Do we have a thread on 'Window' yet??


----------



## jadin (Jun 27, 2004)

So i've posted it many times... so sue me


----------



## LaFoto (Jun 28, 2004)

We do, indeed, have another thread on windows somewhere, if I remember right... I can go through the themes pages for you and locate it, shall I?


----------



## LaFoto (Jun 28, 2004)

Here it is: this one being more of an "in the inside looking out"-theme, while the other "windows" could become the "on the outside looking in"-theme... Hm...


----------



## danalec99 (Jun 28, 2004)

LaFoto said:
			
		

> We do, indeed, have another thread on windows somewhere, if I remember right... I can go through the themes pages for you and locate it, shall I?

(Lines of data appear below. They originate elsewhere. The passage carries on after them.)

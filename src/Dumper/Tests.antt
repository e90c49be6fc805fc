-- ===== src/Dumper/Tests.antt =====
-- Witnesses for the schema dumps: a ClickHouse server with one table, whose definition it refuses.
use dbwarden_harness.Base.{String, false, none, some, List, [], ◌∷◌}
use dbwarden_harness.Base.Result.{Result, ok, err, external_error}
use dbwarden_harness.Dumper.{Urls, Tools, Call, connected, queried, dump_database_schema}
use dbwarden_harness.Dumper.Sessions.{IsClosed, dump_database_schema-IsClosed}

abbrev urls : Urls
urls = record {
  urlparse = λ url. ok (record {
    scheme = "https";
    netloc = "db:8443";
    path = "/app";
    params = "";
    query = "";
    fragment = "";
    hostname = some "db";
    port = ok (some 8443);
    username = some "u";
    password = some "p";
  });
  urlunparse = λ scheme netloc path params query fragment. scheme;
  unquote = λ s. s;
  show = λ n. "8443";
  parse_qs = λ query. [];
}

abbrev answer : List Call → Result (List String)
answer (queried q ∷ connected s ∷ []) = ok ("users" ∷ [])
answer _ = err (external_error "timed out")

abbrev tools : Tools
tools = record {
  which = λ name. none;
  run = λ args environment. err (external_error "no program");
  database = λ url. ok none;
  exists = λ path. false;
  master = λ path. ok [];
  connect = λ s. ok tt;
  answer = answer;
}

dump_database_schema-IsClosed_example :
    IsClosed (dump_database_schema urls tools "https://u:p@db:8443/app" "ClickHouse").1
dump_database_schema-IsClosed_example =
    dump_database_schema-IsClosed urls tools "https://u:p@db:8443/app" "ClickHouse"
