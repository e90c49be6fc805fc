-- ===== src/GenerationProbe.antt =====
-- tools/generation_probe.py: the exceptions that model discovery swallows, read from what the probe
-- prints. Word characters and white space are those of ASCII.
pub mod Blocks
mod Tests
use Prim.Native.Char.{code}
use dbwarden_harness.Base.{
  ℕ, zero, suc, String, ◌<>◌, Bool, true, false, not, ◌&&◌, ◌||◌, Option, none, some, List, [], ◌∷◌,
  ◌++◌, map, ◌==◌, string_eq, nat_eq, if◌then◌else◌, select, any,
}
use dbwarden_harness.Base.Text.{after_prefix?, cut, starts_with, join}
use dbwarden_harness.Disk.{FilePath, CommandResult, Disk, Programs, launch, write}
use dbwarden_harness.CaseRunner.{strip}
use dbwarden_harness.CaseRunner.Report.{is_word}
use dbwarden_harness.RoundTrip.{split_lines, remove_tree}

abbrev pub marker : String
marker = "### dbwarden-harness swallowed"

pub record SwallowedError : Type 0 where
  pub location : String
  pub exception : String
  pub traceback : String

-- `str(error)`
pub text_of : SwallowedError → String
text_of e = e.exception <> "  (swallowed at " <> e.location <> ")"

-- `text.split(sep)`: `skip` characters of an occurrence are still to be dropped, and `more` is the
-- length of `sep` less one.
pub split_from : ℕ → ℕ → String → String → String × List String
split_from skip more sep String.[] = ("", [])
split_from zero more sep (String.◌∷◌ c s) =
    let (part, parts) = split_from zero more sep s in
    let (next, others) = split_from more more sep s in
    elim (after_prefix? sep (String.◌∷◌ c s)) [
      | none ↦ (String.◌∷◌ c part, parts)
      | some _ ↦ ("", next ∷ others)
    ]
split_from (suc skip) more sep (String.◌∷◌ c s) = split_from skip more sep s

-- The text before the first marker, and the blocks after the markers.
pub split_marker : String → String × List String
unfolding split_from
split_marker s = split_from 0 29 marker s

-- The boundary `\b` after a word character.
at_boundary : String → Bool
at_boundary String.[] = true
at_boundary (String.◌∷◌ c s) = not (is_word (code c))

ends_name : String → Bool
unfolding at_boundary
ends_name s =
    any (λ word. elim (after_prefix? word s) [ none ↦ false | some rest ↦ at_boundary rest ])
      ("Error" ∷ "Exception" ∷ "Warning" ∷ [])

name_goes_on : String → Bool
unfolding ends_name
name_goes_on String.[] = false
name_goes_on (String.◌∷◌ c s) =
    let later = name_goes_on s in
    ends_name (String.◌∷◌ c s) || ((is_word (code c) || code c == 46) && later)

-- `re.match(r"^\w[\w.]*(Error|Exception|Warning)\b", line)`
pub names_exception : String → Bool
unfolding name_goes_on
names_exception String.[] = false
names_exception (String.◌∷◌ c s) = is_word (code c) && name_goes_on s

-- The last line that names an exception, stripped.
pub last_exception : List String → Option String
unfolding names_exception
last_exception [] = none
last_exception (line ∷ rest) =
    let here : Option String = if names_exception (strip line) then some (strip line) else none in
    elim (last_exception rest) [ none ↦ here | some found ↦ some found ]

last_line : String → List String → String
last_line line [] = line
last_line line (next ∷ rest) = last_line next rest

-- `exception or lines[-1] if lines else ""`
pub exception_of : List String → String
unfolding last_exception last_line
exception_of [] = ""
exception_of (line ∷ rest) = elim (last_exception (line ∷ rest)) [
  | none ↦ last_line line rest
  | some found ↦ if found == "" then last_line line rest else found
]

-- `block.partition("\n")`
pub partition : String → String × String
partition block = elim (cut "\n" block) [
  | none ↦ (block, "")
  | some (header, body) ↦ (header, body)
]

pub swallowed : String → SwallowedError
unfolding exception_of partition
swallowed block =
    let (header, body) = partition block in
    record {
      location = strip header;
      exception = exception_of (select (λ line. not (strip line == "")) (split_lines body));
      traceback = body;
    }

pub parse_swallowed : String → List SwallowedError
unfolding split_marker swallowed
parse_swallowed stderr = map swallowed (split_marker stderr).1

abbrev pub probe_source : String
probe_source = join "\n" (
    "" ∷ "import sys, traceback" ∷ "import dbwarden.engine.model_discovery.extraction as extraction"
    ∷ "" ∷ "_original = extraction.extract_table_from_model" ∷ "" ∷ ""
    ∷ "def _instrumented(model_class, db_name=None):"
    ∷ "    result = _original(model_class, db_name)" ∷ "    if result is not None:"
    ∷ "        return result" ∷ "    captured = []" ∷ "" ∷ "    def tracer(frame, event, arg):"
    ∷ "        if event == \"exception\" and \"dbwarden\" in frame.f_code.co_filename:"
    ∷ "            captured.append((arg, frame.f_code.co_filename, frame.f_lineno))"
    ∷ "        return tracer" ∷ "" ∷ "    sys.settrace(tracer)" ∷ "    try:"
    ∷ "        _original(model_class, db_name)" ∷ "    finally:" ∷ "        sys.settrace(None)"
    ∷ "    for (exc_info, filename, lineno) in captured:"
    ∷ "        if exc_info[0] is GeneratorExit:" ∷ "            continue"
    ∷ "        print(f\"### dbwarden-harness swallowed {filename}:{lineno}\", file=sys.stderr)"
    ∷ "        traceback.print_exception(*exc_info, limit=6, file=sys.stderr)" ∷ "    return result"
    ∷ "" ∷ "" ∷ "extraction.extract_table_from_model = _instrumented"
    ∷ "for module in list(sys.modules.values()):" ∷ "    if module is None:" ∷ "        continue"
    ∷ "    if getattr(module, \"__name__\", \"\").startswith(\"dbwarden\"):"
    ∷ "        if getattr(module, \"extract_table_from_model\", None) is _original:"
    ∷ "            module.extract_table_from_model = _instrumented" ∷ ""
    ∷ "from dbwarden.cli.main import main" ∷ "" ∷ "sys.argv = [\"dbwarden\"] + sys.argv[1:]"
    ∷ "sys.exit(main())" ∷ "" ∷ [])

-- `python` runs the probe, whose script stands in the directory `scratch`.
module _ (programs : Programs) (python : String) (scratch : FilePath) where
  pub run : List String → Disk → CommandResult × Disk
  run args d =
      let probe = scratch ++ ("run_probe.py" ∷ []) in
      let (r, d') = launch programs (python ∷ join "/" probe ∷ args) (write probe probe_source d) in
      (r, remove_tree scratch d')

  pub swallowed_errors : List String → Disk → List SwallowedError × Disk
  unfolding run parse_swallowed
  swallowed_errors args d = let (r, d') = run args d in (parse_swallowed r.stderr, d')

If that is not asking too much  Thanks 

I did however run a search on Window which generated a whole bunch of pages. Didn't have time to go thru all the pages.


----------



## mox (Jul 1, 2004)

I was at a client's office yesterday

~40th floor

Montreal - Direction: east
We can see the Jacques-Cartier Bridge and the Olympic Stadium


----------



## Lungfarmer (Jul 2, 2004)

My window view at night


----------



## ZacKrohn (Jul 2, 2004)

> was at a client's office yesterday
> 
> ~40th floor
> 
> ...


 thats funny I looked at the pic first and said wow that must be montreal nice shots everyone...Can I take a shot from my glass door...is that a window?


----------



## CrazyAva (Jul 3, 2004)

I think a glass door counts as a window...I don't have a view.......so I won't even attempt it, but love the shots!


----------



## ats (Jul 18, 2004)

mox said:
			
		

> I was at a client's office yesterday
> 
> ~40th floor
> 
> ...




hey I know that view.. your in the place ville marie building 
I used to live there ! cool shoit, made my heart warm....


----------



## molested_cow (Jul 18, 2004)

Back when i was still in Singapore.


















Miserable Detroit






.


----------



## Grosh (Jul 21, 2004)

i really like the first two, heres a few from my room



























cross processed:


----------



## Alison (Jul 27, 2004)

My window view..


----------



## anua (Oct 30, 2004)

yesterday


----------



## anton980 (Dec 18, 2004)

Maybe bumping this thread will resurrect it? 
Here's my addition.  Ijust took it from my balcony.  A lousy photo, but a nice view.


----------



## Geronimo (Dec 18, 2004)

Nothing fancy, just the view from my deck taken this summer.


----------



## Nytmair (Dec 19, 2004)

out of my bedroom window


----------



## JonMikal (Dec 19, 2004)




----------



## cactus waltz (Dec 20, 2004)

Uh. How much for your apartment, jonmikal?


----------



## Xmetal (Dec 20, 2004)

50 paces from my backdoor!


----------



## Nytmair (Dec 20, 2004)

Xmetal.. do you get sunsets that way? or is that where the sun rises? Either way...... you have no excuse to have no good sunset/rise pictures now that were know you live there :LOL:


----------



## black_z (Dec 20, 2004)

my mountain view...


----------



## Xmetal (Dec 21, 2004)

Nytmair said:
			
		

> Xmetal.. do you get sunsets that way? or is that where the sun rises? Either way...... you have no excuse to have no good sunset/rise pictures now that were know you live there :LOL:



I live on the eastern side of the lake so getting a good sunset shot requires me to go for a wander over to the other side of the point of land i live on, so I just make do with what i can see form my wharf. 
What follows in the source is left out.